By default, Fluss includes a Paimon-backed tiering factory; Iceberg support is coming soon. Once the TieringSourceReader writes a batch of records through the LakeWriter, it emits the resulting write metadata downstream to the TieringCommitOperator, which then commits those changes both in the lakehouse and back to the Fluss cluster.

Stateless

The TieringSourceReader is designed to be completely stateless—it does not checkpoint or store any TieringSplit information itself. Instead, every checkpoint simply returns an empty list, leaving all split-tracking to the TieringSourceEnumerator:

@Override
public List<TieringSplit> snapshotState(long checkpointId) {
// Stateless: no splits are held in reader state
return Collections.emptyList();
}

By delegating split assignment entirely to the Enumerator, the reader remains lightweight and easily scalable, always fetching its next work unit afresh from the coordinator.

TieringCommitter

The TieringCommitter operator wraps up each sync cycle by taking the WriteResult outputs from the TieringSourceReader and committing them in two phases: first to the data lake, then back to Fluss, before emitting status events to the Flink coordinator.
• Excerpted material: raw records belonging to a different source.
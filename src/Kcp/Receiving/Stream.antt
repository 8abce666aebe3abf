-- ===== src/Kcp/Receiving/Stream.antt =====
-- Delivery in order: what a reader has got is a prefix of the sender's stream.
use gzv2ray_v.Prelude.{
  ℕ, ◌≡◌, suc, inl, inr, none, some, arith, [], Option-cases, List, ◌++◌, ◌+◌, length, ◌%◌, ◌^◌,
  ◌∙◌, ap, Bool-cases, append-nil, Option, leb, sym, append_assoc, refl, if◌then◌else◌,
}
use gzv2ray_v.Prelude.Dict.{lookup}
use gzv2ray_v.Buf.{MultiBuffer, bytes, is_empty, bytes_of_is_empty, split_bytes, bytes-split_bytes}
use gzv2ray_v.Kcp.Go.{sub_u32}
use gzv2ray_v.Kcp.Segment.{DataSegment}
use gzv2ray_v.Kcp.ReceivingWindow.{ReceivingWindow}
use gzv2ray_v.Kcp.Receiving.{ReceivingWorker, process_segment, drain, read_multi_buffer, read}
use gzv2ray_v.Kcp.Receiving.Drain.{stream, IsFrom, set-IsFrom, drain-Drained}

abbrev pub left_bytes : Option MultiBuffer → List ℕ
left_bytes none = []
left_bytes (some mb) = bytes mb

-- The bytes that the reader got and those kept over are the first `k` payloads of the stream, the
-- next number is the `k`-th, and what waits is what was sent.
pub record InOrder (sent : ℕ → List ℕ) (k : ℕ) (got : List ℕ) (w : ReceivingWorker) : Type 0 where
  pub next : w.next_number ≡ k % 2 ^ 32
  pub from : IsFrom sent w.window
  pub delivered : got ++ left_bytes w.left_over ≡ stream sent k

pub process_segment-InOrder :
    (sent : ℕ → List ℕ) (k : ℕ) (got : List ℕ) (w : ReceivingWorker) (seg : DataSegment)
    → InOrder sent k got w
    → seg.payload ≡ sent seg.number
    → InOrder sent k got (process_segment w seg)
unfolding process_segment
process_segment-InOrder sent k got w seg h e =
    elim (Bool-cases (leb w.window_size (sub_u32 seg.number w.next_number))) [
      | inl outside ↦ rw outside h
      | inr inside ↦ rw inside (record {
        next = h.next;
        from = set-IsFrom sent w.window seg h.from e;
        delivered = h.delivered;
      })
    ]

pub read_multi_buffer_left :
    (w : ReceivingWorker) (mb : MultiBuffer)
    → w.left_over ≡ some mb
    → read_multi_buffer w ≡ (record w { left_over = none }, mb)
unfolding read_multi_buffer
read_multi_buffer_left w mb e = rw (e, read_multi_buffer)

unfoldable pub drained : ReceivingWorker → ReceivingWindow × ℕ × MultiBuffer
drained w = drain (suc (length w.window)) w.window w.next_number []

pub read_multi_buffer_drain :
    (w : ReceivingWorker)
    → w.left_over ≡ none
    → read_multi_buffer w
      ≡ (record w { window = (drained w).0; next_number = (drained w).1 }, (drained w).2)
unfolding read_multi_buffer drained
read_multi_buffer_drain w e = ground arith

-- What a read has to do.
pub record ReadsOn (sent : ℕ → List ℕ) (k : ℕ) (got : List ℕ) (w : ReceivingWorker)
    (out : ReceivingWorker × MultiBuffer) : Type 0 where
  pub more : ℕ
  pub in_order : InOrder sent (k + more) (got ++ bytes out.1) out.0
  pub nothing_left : out.0.left_over ≡ none
  pub exhausted : w.left_over ≡ none → lookup out.0.next_number out.0.window ≡ none

-- `ReadMultiBuffer` on a worker that has delivered the sender's first `k` payloads in order returns
-- bytes that continue the stream by whole payloads (or what was kept over), and keeps nothing over.
-- If nothing was kept over before, the number that the worker then waits for is not there.
pub read_multi_buffer-ReadsOn :
    (sent : ℕ → List ℕ) (k : ℕ) (got : List ℕ) (w : ReceivingWorker)
    → InOrder sent k got w
    → ReadsOn sent k got w (read_multi_buffer w)
unfolding bytes
read_multi_buffer-ReadsOn sent k got w h = elim (Option-cases w.left_over) [
  | inr (mb, e) ↦ rw (read_multi_buffer_left w mb e) (record {
    more = 0;
    in_order = record {
      next = h.next ∙ omega arith;
      from = h.from;
      delivered =
          append-nil (got ++ bytes mb)
          ∙ rw e at h.delivered
          ∙ ap (stream sent) {x = k} {y = k + 0} (omega arith);
    };
    nothing_left = refl;
    exhausted = λ n. absurd (cc (sym n ∙ e));
  })
  | inl e ↦
      let d =
        drain-Drained sent got (suc (length w.window)) w.window k w.next_number [] (omega arith)
          h.next h.from (rw e at h.delivered) in
      rw (read_multi_buffer_drain w e) (
        unfold drained in
        record {
          more = d.more;
          in_order = record {
            next = d.next;
            from = d.from;
            delivered =
                ap (λ t. (got ++ bytes (drained w).2) ++ left_bytes t) e
                ∙ append-nil (got ++ bytes (drained w).2)
                ∙ d.read;
          };
          nothing_left = e;
          exhausted = λ n. d.stopped;
        })
]

-- `Read` on what `ReadMultiBuffer` gave it: bytes are split off, and the rest is kept over.
unfoldable pub split_read : ReceivingWorker → MultiBuffer → ℕ → ReceivingWorker × List ℕ
split_read w mb n =
    if is_empty mb
    then (w, [])
    else let (rest, got) = split_bytes mb n in
      if is_empty rest then (w, got) else (record w { left_over = some rest }, got)

pub read-split_read :
    (w : ReceivingWorker) (n : ℕ)
    → read w n ≡ split_read (read_multi_buffer w).0 (read_multi_buffer w).1 n
unfolding read split_read
read-split_read w n = refl

module _ (sent : ℕ → List ℕ) (k : ℕ) (got : List ℕ) (w : ReceivingWorker) (mb : MultiBuffer)
    (h : InOrder sent k (got ++ bytes mb) w) (e : w.left_over ≡ none) where
  -- What is copied and what is kept make up what was read.
  delivered_split :
      (copied rest : List ℕ) → copied ++ rest ≡ bytes mb → (got ++ copied) ++ rest ≡ stream sent k
  delivered_split copied rest p =
      append_assoc got copied rest
      ∙ ap (λ t. got ++ t) p
      ∙ sym (append-nil (got ++ bytes mb))
      ∙ rw e at h.delivered

  left_is_nil : left_bytes w.left_over ≡ []
  left_is_nil = rw e

  pub split_read-InOrder :
      (n : ℕ) → InOrder sent k (got ++ (split_read w mb n).1) (split_read w mb n).0
  unfolding split_read
  split_read-InOrder n = elim (Bool-cases (is_empty mb)) [
    | inl m ↦ rw m (record {
      next = h.next;
      from = h.from;
      delivered =
          delivered_split [] (left_bytes w.left_over) (left_is_nil ∙ sym (bytes_of_is_empty mb m));
    })
    | inr m ↦ rw m (elim (Bool-cases (is_empty (split_bytes mb n).0)) [
      | inl r ↦ rw r (record {
        next = h.next;
        from = h.from;
        delivered = delivered_split (split_bytes mb n).1 (left_bytes w.left_over) (
            ap (λ t. (split_bytes mb n).1 ++ t)
              (left_is_nil ∙ sym (bytes_of_is_empty (split_bytes mb n).0 r))
            ∙ bytes-split_bytes mb n);
      })
      | inr r ↦ rw r (record {
        next = h.next;
        from = h.from;
        delivered =
            delivered_split (split_bytes mb n).1 (bytes (split_bytes mb n).0)
              (bytes-split_bytes mb n);
      })
    ])
  ]

-- `Read` hands on a prefix of what `ReadMultiBuffer` read, and keeps the rest over.
pub read-InOrder :
    (sent : ℕ → List ℕ) (k : ℕ) (got : List ℕ) (w : ReceivingWorker) (n : ℕ)
    → InOrder sent k got w
    → (more : ℕ) × InOrder sent (k + more) (got ++ (read w n).1) (read w n).0
read-InOrder sent k got w n h =
    let r = read_multi_buffer-ReadsOn sent k got w h in
    (
      r.more,
      rw (read-split_read w n) (
          split_read-InOrder sent (k + r.more) got (read_multi_buffer w).0 (read_multi_buffer w).1
            r.in_order r.nothing_left n),
    )
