-- ===== src/Kcp/Receiving/Received.antt =====
-- What has arrived stays there: the numbers that the receiving worker has passed on or keeps.
use gzv2ray_v.Kcp.Receiving.Stream.{
  split_read, drained, read-split_read, read_multi_buffer_drain, read_multi_buffer_left,
}
use gzv2ray_v.Kcp.Go.{add_u32, sub_u32}
use gzv2ray_v.Kcp.Receiving.Drain.{drain_stop, drain_step}
use gzv2ray_v.Buf.{MultiBuffer, is_empty, split_bytes}
use gzv2ray_v.Kcp.Segment.{DataSegment}
use gzv2ray_v.Prelude.{
  ℕ, zero, suc, true, false, inl, inr, some, arith, [], Bool-cases, Option-cases, ◌∷◌, Bool, ◌≡◌,
  ◌≤◌, ltb, ◌<◌, if◌then◌else◌, ◌||◌, ◌==◌, ◌^◌, ◌++◌, refl, leb, length, ◌∙◌,
}
use gzv2ray_v.Prelude.Dict.{lookup, delete, lookup-delete, lookup-insert}
use gzv2ray_v.Kcp.ReceivingWindow.{ReceivingWindow, has, set}
use gzv2ray_v.Kcp.Receiving.{
  ReceivingWorker, drain, read_multi_buffer, read, process_segment, DataSegment, MultiBuffer,
  add_u32,
}

-- The number was read, or waits in the window.
abbrev pub received : ℕ → ReceivingWindow → ℕ → Bool
received next window n = ltb n next || has window n

abbrev pub IsReceived : ReceivingWorker → ℕ → Type 0
IsReceived w n = received w.next_number w.window n ≡ true

-- A step of the worker in a stream of `hi` segments: it loses nothing and invents nothing.
pub record Keeps (hi : ℕ) (next : ℕ) (window : ReceivingWindow) (next' : ℕ)
    (window' : ReceivingWindow) : Type 0 where
  pub forward : next ≤ next'
  pub bounded : next' ≤ hi
  pub stays : (n : ℕ) → received next window n ≡ true → received next' window' n ≡ true
  pub below : (n : ℕ) → has window' n ≡ true → n < hi

pub has-lookup :
    (window : ReceivingWindow) (n : ℕ) (seg : DataSegment)
    → lookup n window ≡ some seg
    → has window n ≡ true
unfolding has
has-lookup window n seg e = rw (e, has)

pub has-delete :
    (window : ReceivingWindow) (gone n : ℕ)
    → has (delete gone window) n ≡ (if gone == n then false else has window n)
unfolding has
has-delete window gone n = ground (arith, lookup-delete gone n window)

drain-Keeps :
    (hi fuel : ℕ) (window : ReceivingWindow) (next : ℕ) (mb : MultiBuffer)
    → hi < 2 ^ 32
    → next ≤ hi
    → ((n : ℕ) → has window n ≡ true → n < hi)
    → let (window', next', _) = drain fuel window next mb in Keeps hi next window next' window'
unfolding drain
drain-Keeps hi zero window next mb u le b = record {
  forward = omega arith;
  bounded = le;
  stays = λ n h. h;
  below = b;
}
drain-Keeps hi (suc fuel) window next mb u le b = elim (Option-cases (lookup next window)) [
  | inl gone ↦
      rw (drain_stop fuel window next mb gone)
        (record { forward = omega arith; bounded = le; stays = λ n h. h; below = b })
  | inr (seg, here) ↦
      let h = has-lookup window next seg here in
      let l = b next h in
      let r =
        drain-Keeps hi fuel (delete next window) (add_u32 next 1) (mb ++ (seg.payload ∷ [])) u
          (omega arith) (λ n k. ground (arith, has-delete window next n, b n)) in
      rw (drain_step fuel window next mb seg here) (record {
        forward = omega (arith, r.forward);
        bounded = r.bounded;
        stays = λ n k. r.stays n (ground (arith, has-delete window next n));
        below = r.below;
      })
]

-- A worker whose window holds numbers below `hi` alone, and that has not read past these.
pub record IsWithin (hi : ℕ) (w : ReceivingWorker) : Type 0 where
  pub read_le : w.next_number ≤ hi
  pub held : (n : ℕ) → has w.window n ≡ true → n < hi

abbrev pub Holds : ℕ → ReceivingWorker → ReceivingWorker → Type 0
Holds hi w w' = Keeps hi w.next_number w.window w'.next_number w'.window

pub Keeps-refl : (hi : ℕ) (w : ReceivingWorker) → IsWithin hi w → Holds hi w w
Keeps-refl hi w v = record {
  forward = omega arith;
  bounded = v.read_le;
  stays = λ n h. h;
  below = v.held;
}

pub has-set :
    (window : ReceivingWindow) (id n : ℕ) (seg : DataSegment)
    → has (set window id seg).0 n ≡ (if id == n then true else has window n)
unfolding has set
has-set window id n seg = ground (arith, lookup-insert id n seg window)

-- What `Read` does behind the reading leaves the window, the number and the acknowledgements.
pub split_read-same :
    (w : ReceivingWorker) (mb : MultiBuffer) (n : ℕ)
    → ((split_read w mb n).0.next_number ≡ w.next_number)
      × ((split_read w mb n).0.window ≡ w.window)
      × ((split_read w mb n).0.acklist ≡ w.acklist)
unfolding split_read
split_read-same w mb n = elim (Bool-cases (is_empty mb)) [
  | inl e ↦ rw e (refl, refl, refl)
  | inr e ↦ rw e (elim (Bool-cases (is_empty (split_bytes mb n).0)) [
    | inl f ↦ rw f (refl, refl, refl)
    | inr f ↦ rw f (refl, refl, refl)
  ])
]

-- Reading leaves the acknowledgements.
pub read_multi_buffer-acklist : (w : ReceivingWorker) → (read_multi_buffer w).0.acklist ≡ w.acklist
read_multi_buffer-acklist w = elim (Option-cases w.left_over) [
  | inl e ↦ rw (read_multi_buffer_drain w e)
  | inr (mb, e) ↦ rw (read_multi_buffer_left w mb e)
]

pub read-acklist : (w : ReceivingWorker) (n : ℕ) → (read w n).0.acklist ≡ w.acklist
read-acklist w n = rw (read-split_read w n) (
    (split_read-same (read_multi_buffer w).0 (read_multi_buffer w).1 n).2
    ∙ read_multi_buffer-acklist w)

module _ (hi : ℕ) (w : ReceivingWorker) (u : hi < 2 ^ 32) (v : IsWithin hi w) where
  pub read_multi_buffer-Keeps : Holds hi w (read_multi_buffer w).0
  unfolding drained
  read_multi_buffer-Keeps = elim (Option-cases w.left_over) [
    | inl e ↦
        rw (read_multi_buffer_drain w e)
          (drain-Keeps hi (suc (length w.window)) w.window w.next_number [] u v.read_le v.held)
    | inr (mb, e) ↦ rw (read_multi_buffer_left w mb e) (Keeps-refl hi w v)
  ]

  -- `Read` does to the window what `ReadMultiBuffer` does.
  pub read-Keeps : (n : ℕ) → Holds hi w (read w n).0
  read-Keeps n =
      let s = split_read-same (read_multi_buffer w).0 (read_multi_buffer w).1 n in
      rw (read-split_read w n, s.0, s.1) read_multi_buffer-Keeps

  pub process_segment-Keeps :
      (seg : DataSegment) → seg.number < hi → Holds hi w (process_segment w seg)
  unfolding process_segment
  process_segment-Keeps seg h =
      elim (Bool-cases (leb w.window_size (sub_u32 seg.number w.next_number))) [
        | inl outside ↦ rw outside (Keeps-refl hi w v)
        | inr inside ↦ rw inside (record {
          forward = omega arith;
          bounded = v.read_le;
          stays = λ n k. ground (arith, has-set w.window seg.number n seg);
          below = λ n k. ground (arith, has-set w.window seg.number n seg, v.held n);
        })
      ]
It leverages two components:

  • LakeCommitter: Provided by the pluggable LakeTieringFactory, this component atomically commits the written files into the lakehouse and returns the new snapshot ID.
  • FlussTableLakeSnapshotCommitter: Using that snapshot ID, it updates the Fluss cluster’s tiering table status so that the Fluss server and lakehouse remain in sync.

The end-to-end flow is:

  1. Collect Write Results from the TieringSourceReader for the current checkpoint.
  2. Lake Commit via the LakeCommitter, which finalizes files and advances the lake snapshot.
  3. Fluss Update using the FlussTableLakeSnapshotCommitter, acknowledging success or failure back to the Fluss CoordinatorService.
  4. Event Emission of either FinishedTieringEvent (on success or completion) or FailedTieringEvent (on errors) to the Flink OperatorCoordinator.

This TieringCommitter operator ensures exactly-once consistent synchronization between your real-time Fluss cluster and your analytical lakehouse.

Conclusion

In this deep dive, we thoroughly explored every facet of Fluss's Tiering Service. We began by dissecting the TieringSource, understanding the critical roles of its Enumerator, RpcClient, and SplitGenerator. From there, we examined the various split types and the efficiency of the stateless TieringSourceReader.

Our journey then led us to the flexible, pluggable integration of the LakeWriter and LakeCommitter. Finally, we saw how the TieringCommitter, with its LakeCommitter and FlussTableLakeSnapshotCommitter, orchestrates atomic, exactly-once commits across both your data lake and Fluss cluster.

Together, these components form a robust pipeline. This pipeline reliably synchronizes real-time streams with historical snapshots, ensuring seamless, scalable consistency between your live workloads and analytical storage.